# Long time user HATES Finale 2008.



## steve (Nov 20, 2007)

I have used Finale since 2.0 and have many suggestions that were placed in , Mac writers in favor of casual users with PCs. Since 2007 Finale sucks!

Are there any Encore users or Score users who can contact me and describe those programs to me. Send me an e-mail at [email protected].


----------



## nikolas (Nov 20, 2007)

Can you explain why finale 2007- upwards sucks? Cause I hear from other long time Finale users that it works great...


----------



## Jaap (Nov 20, 2007)

I am not using Finale 2008 yet. Didnt read enough to see if I will update, but I am using Finale 2007 and enjoying it. 
I am using Finale since 3.0 and I enjoy almost every update to be honest. The program is getting more flexible and more or more options are worked out to use it as a "sequencer" as well. Since recently I am using my Ewql library with Kontakt in Finale and fully enjoying it. The midi options getting quite big and almost no need anymore for me to export the midi. 
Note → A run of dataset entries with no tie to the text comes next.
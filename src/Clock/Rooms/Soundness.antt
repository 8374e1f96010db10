-- ===== src/Clock/Rooms/Soundness.antt =====
-- What the rows satisfy that the commands, the scheduler and the synchronisation write, and what the
-- parts of a recalculation make of such rows.
use clock_ha_orchestrator.Prelude.{
  ℕ, ◌<◌, ◌≡◌, refl, sym, subst, ◌∙◌, Bool, true, false, not, ◌&&◌, Option, none, some, List, [],
  ◌∷◌, String, str_eq, ltb, ◌==◌, All, Present, if-holds, arith,
}
use clock_ha_orchestrator.Prelude.Results.{ok, ◌>>=◌, Succeeds, Succeeds-bind}
use clock_ha_orchestrator.Domain.Enums.{is_automatic, is_manual_override, is_unknown}
use clock_ha_orchestrator.Domain.Models.{
  HotelPolicy, ManualOverride, DesiredRoomIntent, RoomStateEvaluation, validate_dates,
}
use clock_ha_orchestrator.Domain.StateMachine.Windows.{IsTimed, Overnight}
use clock_ha_orchestrator.Policy.Engine.Totality.{IsCoherent}
use clock_ha_orchestrator.Policy.Control.Rows.{
  utc_option, override_of_row, override_row_is_active, manual_override_from_row,
}
use clock_ha_orchestrator.Policy.Control.Draft.Laws.{
  Limits, cleared, until_checkout, timed, IsCommandRow,
}
use clock_ha_orchestrator.Persistence.Rows.{BookingRow, AssignmentRow, OverrideRow, Payload}
use clock_ha_orchestrator.Persistence.Session.{Database, find}
use clock_ha_orchestrator.Clock.Registry.{RegistryEntry, RegistryRows, last_match}
use clock_ha_orchestrator.Clock.Rooms.{
  SemanticState, own_booking, override_of_own, override_of_latest,
}
use clock_ha_orchestrator.Clock.Rooms.Loading.{normalized_from_row, normalized_rows}
use clock_ha_orchestrator.Clock.Rooms.Step.{
  end_inactive_override, publish_control, publish_intent, audit_attention,
}

-- A booking of at least one night, which needs attention if its status is unknown.
abbrev pub IsBookingRow : BookingRow → Type 0
IsBookingRow r =
    (r.arrival_date < r.departure_date)
    × ((is_unknown r.booking_status && not r.needs_attention) ≡ false)

-- The overrides have a target exactly if they switch the HVAC on, and the limits of their mode; the
-- bookings stay a night and have no unnoticed unknown status.
abbrev pub Sound : Database → Type 0
Sound db = All IsCommandRow db.overrides × All IsBookingRow db.bookings

-- The keys of the registry's rooms are not empty.
abbrev pub Keyed : RegistryRows → Type 0
Keyed registry = All (λ e. str_eq e.room.key "" ≡ false) registry.entries

pub expires_lem :
    {start : ℕ} {auto until : Bool} {booking checkout expires : Option ℕ}
    → Limits start auto until booking checkout expires
    → until ≡ true
    → utc_option expires ≡ none
expires_lem cleared h = refl
expires_lem (until_checkout b c p) h = refl
expires_lem (timed d m e) h = ground arith

abbrev pub Fit : Option ManualOverride → Type 0
Fit o = IsTimed o × IsCoherent o

pub own-Fit :
    (row : OverrideRow) (own : Option (Option String))
    → IsCommandRow row
    → Fit (override_of_own row own)
unfolding override_of_own manual_override_from_row
own-Fit row none h = (tt, tt)
own-Fit row (some own) h =
    if-holds Fit (is_automatic row.control_mode) none (some (override_of_row row own))
      (λ _. (tt, tt)) (λ _. (expires_lem h.1, h.0))

pub latest-Fit :
    (latest : Option OverrideRow) (now : ℕ) (bookings : List BookingRow)
    → Present IsCommandRow latest
    → Fit (override_of_latest latest now bookings)
unfolding override_of_latest
latest-Fit none now bookings h = (tt, tt)
latest-Fit (some row) now bookings h =
    if-holds Fit (override_row_is_active row now) (override_of_own row (own_booking row bookings))
      none (λ _. own-Fit row (own_booking row bookings) h) (λ _. (tt, tt))

pub row-Succeeds :
    (key : String) (row : BookingRow) (a : Option AssignmentRow)
    → IsBookingRow row
    → Succeeds Overnight (normalized_from_row key row a)
unfolding normalized_from_row validate_dates
row-Succeeds key row a h = rw (in_order, h.1) (h.0)
  where
    in_order : ltb row.departure_date row.arrival_date ≡ false
    in_order = ground (arith, h.0)

module _ (key : String) (assignments : List AssignmentRow) where
  abbrev pub current : BookingRow → Option AssignmentRow
  current row = find (λ a. (a.booking_id == row.id) && a.is_current) assignments

  pub rows-Succeed :
      (rows : List BookingRow)
      → All IsBookingRow rows
      → Succeeds (All Overnight) (normalized_rows key assignments rows)
  unfolding normalized_rows
  rows-Succeed [] h = tt
  rows-Succeed (row ∷ rows) h =
      Succeeds-bind Overnight (All Overnight) (normalized_from_row key row (current row))
        (λ b. normalized_rows key assignments rows >>= λ rest. ok (b ∷ rest))
        (row-Succeeds key row (current row) h.0)
        (λ b o.
          Succeeds-bind (All Overnight) (All Overnight) (normalized_rows key assignments rows)
            (λ rest. ok (b ∷ rest)) (rows-Succeed rows h.1) (λ rest os. (o, os)))

pub last-Present :
    (P : RegistryEntry → Type 0) (p : RegistryEntry → Bool) (es : List RegistryEntry)
    → All P es
    → Present P (last_match p es)
last-Present P p [] h = tt
last-Present P p (e ∷ es) h = ground (arith, last-Present P p es)

-- The second has the overrides and the bookings of the first.
abbrev pub Keeps : Database → Database → Type 0
Keeps a b = (b.overrides ≡ a.overrides) × (b.bookings ≡ a.bookings)

pub Keeps-trans : (a b c : Database) → Keeps a b → Keeps b c → Keeps a c
Keeps-trans a b c p q = (q.0 ∙ p.0, q.1 ∙ p.1)

pub Keeps-Sound : (a b : Database) → Keeps a b → Sound a → Sound b
Keeps-Sound a b k s =
    (subst (All IsCommandRow) (sym k.0) s.0, subst (All IsBookingRow) (sym k.1) s.1)

module _ (uuid : ℕ → ℕ) (serialize : Payload → String) (hash : SemanticState → String)
    (prefix : String) (policy : HotelPolicy) (now correlation_id : ℕ) where
  pub end-Sound :
      (property_id room_id : ℕ) (latest : Option OverrideRow) (state : RoomStateEvaluation)
      (db : Database)
      → Sound db
      → Sound
          (end_inactive_override uuid serialize hash prefix policy now correlation_id property_id
            room_id latest state db).0
  end-Sound property_id room_id none state db h = h
  end-Sound property_id room_id (some row) state db h =
      if-holds {A = Database × Bool} (λ r. Sound r.0) (is_automatic row.control_mode) _ _ (λ _. h)
        (λ _.
          if-holds {A = Database × Bool} (λ r. Sound r.0) (is_manual_override state.phase) _ _
            (λ _. h) (λ _. (((tt, cleared), h.0), h.1)))

  pub control-Keeps :
      (key : String) (ended : Bool) (db : Database)
      → Keeps db (publish_control uuid serialize hash prefix policy now correlation_id key ended db)
  unfolding publish_control
  control-Keeps key true db = (refl, refl)
  control-Keeps key false db = (refl, refl)

  pub intent-Keeps :
      (key : String) (intent : Option DesiredRoomIntent) (db : Database)
      → Keeps db (publish_intent uuid serialize hash prefix policy now correlation_id key intent db)
  intent-Keeps key none db = (refl, refl)
  intent-Keeps key (some i) db = (refl, refl)

  pub attention-Keeps :
      (flag : Bool) (property_id room_id : ℕ) (booking : Option ℕ) (db : Database)
      → Keeps db (
          audit_attention uuid serialize hash prefix policy now correlation_id flag property_id
            room_id booking db)
  attention-Keeps true property_id room_id booking db = (refl, refl)
  attention-Keeps false property_id room_id booking db = (refl, refl)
I can create a full professional score for my publisher as well create very nice audio tracks that I can export as wave for final mixing in Sonar.
Couldnt have dreamed about this 10 years ago 

What is it that you dislike? I am also getting curious.


----------



## shadoe42 (Nov 20, 2007)

Encore would be a step backwards from even Finale 2006. I have used Finale up to 2007, Encore, but have switched to Sibelius myself. Just a personal preference.


----------



## mirrodin (Apr 11, 2008)

I've also been a long time user. I have to say 2007 had it's quirks but it seems to have evolved in leaps and bounds in 2008, and the update available seems to fix a lot of problems people may have been having, although the update list seems to be more packed with added features than bugfixes.


----------